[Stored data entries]
--- --- ---

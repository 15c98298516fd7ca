-- ===== src/Proc/Tests.antt =====
-- The theorems on processes and threads at small process tables.
use assignment.Prelude.{
  ◌∙◌, ap, map, zero, suc, ◌+◌, ◌/◌, ◌%◌, ◌^◌, ltb, Bool-cases, inl, inr, modify, ℕ, ◌<◌, ◌≡◌, refl,
  false, [], ◌∷◌, Option, none, some, arith, ℤ, pos, minus_one, get_elem?, replicate,
}
use assignment.Kernel.{Kernel, Proc, File, unused, running, sleeping, zombie, proc_chan, same_ptr}
use assignment.Samples.{thread, free_entry, kernel, easy}
use assignment.Kalloc.{is_page}
use assignment.File.{filedup}
use assignment.CString.{safestrcpy, copy_from}
use assignment.Proc.Table.{wakeup1}
use assignment.Proc.TableLaws.{KeepsOthers}
use assignment.Proc.Fork.{fork_into, thread_into, share_files, dup_files, idup}
use assignment.Proc.ForkLaws.{Child, fork_into-Child}
use assignment.Proc.ForkReturns.{fork_into_returns}
use assignment.Proc.Exit.{leave, pass_children, pass_on}
use assignment.Proc.ExitLaws.{leave_orphans}
use assignment.Proc.Join.{returns, wait, p2v, freevm_in}
use assignment.Env.{Env}
use assignment.Fs.Block.{update}
use assignment.Vm.Memory.{Vm, ◌>>◌, kfree, pgroundup}
use assignment.Vm.Walk.{walkpgdir}
use assignment.Vm.User.{kernbase, dealloc_from, deallocuvm, free_tables, freevm}
use assignment.Proc.JoinLaws.{IsDeadChild, wait_reaps}

-- The caller in the entry 0 and a free entry.
abbrev caller : Proc
caller = thread 3 minus_one running

abbrev small : Kernel
small = kernel (caller ∷ free_entry ∷ []) [] []

-- A child of the caller that has ended, in the entry 1.
abbrev dead_child : Proc
dead_child = record (thread 4 minus_one zombie) { parent = some 0 }

abbrev with_child : Kernel
with_child = kernel (caller ∷ dead_child ∷ []) [] []

abbrev after_fork : Option (ℤ × Kernel)
unfolding fork_into dup_files filedup idup safestrcpy copy_from
after_fork = fork_into 0 1 free_entry caller 0x8E000000 small

abbrev forked_kernel : Kernel
unfolding fork_into dup_files filedup idup safestrcpy copy_from
forked_kernel = elim after_fork [ none ↦ small | some (r, k) ↦ k ]

fork_into-Child_example :
    (pos 0 ≡ pos (free_entry.pid)) × Child 0 1 0x8E000000 free_entry caller small forked_kernel
unfolding fork_into dup_files filedup idup safestrcpy copy_from
fork_into-Child_example =
    fork_into-Child 0 1 0x8E000000 free_entry caller small forked_kernel (pos 0) refl refl

abbrev threaded_kernel : Kernel
unfolding thread_into share_files safestrcpy copy_from
threaded_kernel = elim (thread_into 1 32 9000 free_entry caller small) [
  | none ↦ small
  | some (r, k) ↦ k
]

-- A whole table: the caller, its child, and free entries.
abbrev table : Kernel
table = kernel (caller ∷ dead_child ∷ replicate 62 free_entry) [] []

leave_orphans_example : (same_ptr (some 9) (some 0) ≡ false) × (◌≡◌ {A = ℕ} 0 1 → zombie ≡ zombie)
unfolding leave pass_children pass_on wakeup1
leave_orphans_example =
    leave_orphans 0 none table refl refl 1 (record dead_child { parent = some 9 }) refl

abbrev siblings : Kernel
siblings = kernel (thread 3 (pos 1) running ∷ thread 3 (pos 2) running ∷ []) [] []

-- A page directory without a table, in the page 0x400000.
abbrev no_tables : Vm
no_tables = record { mem = λ p a. 0; freelist = []; kernel_end = 0 }

abbrev with_memory : Env
with_memory = record easy { freevm = freevm_in no_tables }

-- The memory with the pages that are free when `freevm` is called.
abbrev called_with : Vm
called_with = record no_tables { freelist = 0x400000 ∷ 0x401000 ∷ 0x402000 ∷ [] }

abbrev freed : Vm
freed = record {
  mem = update (no_tables.mem) 0xD000000 (λ a. 1);
  freelist = 0xD000000 ∷ 0x400000 ∷ 0x401000 ∷ 0x402000 ∷ [];
  kernel_end = 0;
}

dealloc_no_tables :
    (fuel pgdir a oldsz : ℕ) → dealloc_from fuel pgdir a oldsz called_with ≡ some (tt, called_with)
unfolding dealloc_from walkpgdir
dealloc_no_tables zero pgdir a oldsz = refl
dealloc_no_tables (suc fuel) pgdir a oldsz = elim (Bool-cases (ltb a oldsz)) [
  | inl e ↦ rw e (dealloc_no_tables fuel pgdir ((a + 4194304) % 2 ^ 32) oldsz)
  | inr e ↦ rw e refl
]

free_no_tables : (n pgdir i : ℕ) → free_tables n pgdir i called_with ≡ some (tt, called_with)
unfolding free_tables
free_no_tables zero pgdir i = refl
free_no_tables (suc n) pgdir i = free_no_tables n pgdir (i + 1)

deallocuvm_no_tables : (pgdir : ℕ) → deallocuvm pgdir kernbase 0 called_with ≡ some (0, called_with)
unfolding deallocuvm
deallocuvm_no_tables pgdir =
    ap (λ (r : Option (Unit {0} × Vm)). elim r [ none ↦ none | some (u, t) ↦ some (0, t) ])
      (dealloc_no_tables (kernbase / 4096 + 1) pgdir (pgroundup 0) kernbase)

freevm_no_tables : freevm 0xD000000 called_with ≡ some (tt, freed)
unfolding freevm
freevm_no_tables =
    ap
      (λ (r : Option (ℕ × Vm)). elim r [
        | none ↦ none
        | some (size, t) ↦ (free_tables 1024 0xD000000 0 >> kfree 0xD000000) t
      ])
      (deallocuvm_no_tables 0xD000000)
    ∙ ap (λ (r : Option (Unit {0} × Vm)). elim r [ none ↦ none | some (u, t) ↦ kfree 0xD000000 t ])
        (free_no_tables 1024 0xD000000 0)

no_child_before :
    (j : ℕ) (q : Proc) → j < 1 → get_elem? with_child.procs j ≡ some q → ¬ IsDeadChild 0 q
no_child_before zero q lt at (parent, dead) = absurd (ground (arith, at, parent))
no_child_before (suc j) q lt at dead = absurd (omega (arith, lt))

wait_reaps_example :
    (k : Kernel) × (wait with_memory 0 with_child ≡ some (returns (pos 4), k))
    × (k.freelist ≡ map p2v freed.freelist)
    × (get_elem? k.procs 1
        ≡ some (record dead_child {
          state = unused;
          kstack = 0;
          pid = 0;
          parent = none;
          name = modify dead_child.name 0 (λ _. 0);
          killed = false;
        }))
    × KeepsOthers 1 with_child.procs k.procs
unfolding is_page
wait_reaps_example =
    wait_reaps with_memory 0 caller with_child refl 1 dead_child no_tables freed refl refl
      (refl, refl) no_child_before refl freevm_no_tables

-- The thread in the entry 0 sleeps in a join.
abbrev joiner : Proc
joiner = record caller { state = sleeping; chan = proc_chan 0 }

first_file : (x : File) × (get_elem? small.files 0 ≡ some x) × (0 < x.ref)
first_file = (_, refl, omega arith)

fork_into_returns_example :
    (k' : Kernel) × (fork_into 0 1 free_entry caller 0x8E000000 small ≡ some (pos 0, k'))
fork_into_returns_example =
    fork_into_returns 0 1 0x8E000000 0 free_entry caller small (first_file, (first_file, tt))
      (omega arith) refl (omega arith) (omega arith) (omega arith)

--- --- ---

* [Exercise objective]
Output the line containing "1 with_child.procs k.procs" and each line after it through the close of the entries, unchanged and with no other lines.

* [Answer]
    × KeepsOthers 1 with_child.procs k.procs
unfolding is_page
wait_reaps_example =
    wait_reaps with_memory 0 caller with_child refl 1 dead_child no_tables freed refl refl
      (refl, refl) no_child_before refl freevm_no_tables

-- The thread in the entry 0 sleeps in a join.
abbrev joiner : Proc
joiner = record caller { state = sleeping; chan = proc_chan 0 }

first_file : (x : File) × (get_elem? small.files 0 ≡ some x) × (0 < x.ref)
first_file = (_, refl, omega arith)

fork_into_returns_example :
    (k' : Kernel) × (fork_into 0 1 free_entry caller 0x8E000000 small ≡ some (pos 0, k'))
fork_into_returns_example =
    fork_into_returns 0 1 0x8E000000 0 free_entry caller small (first_file, (first_file, tt))
      (omega arith) refl (omega arith) (omega arith) (omega arith)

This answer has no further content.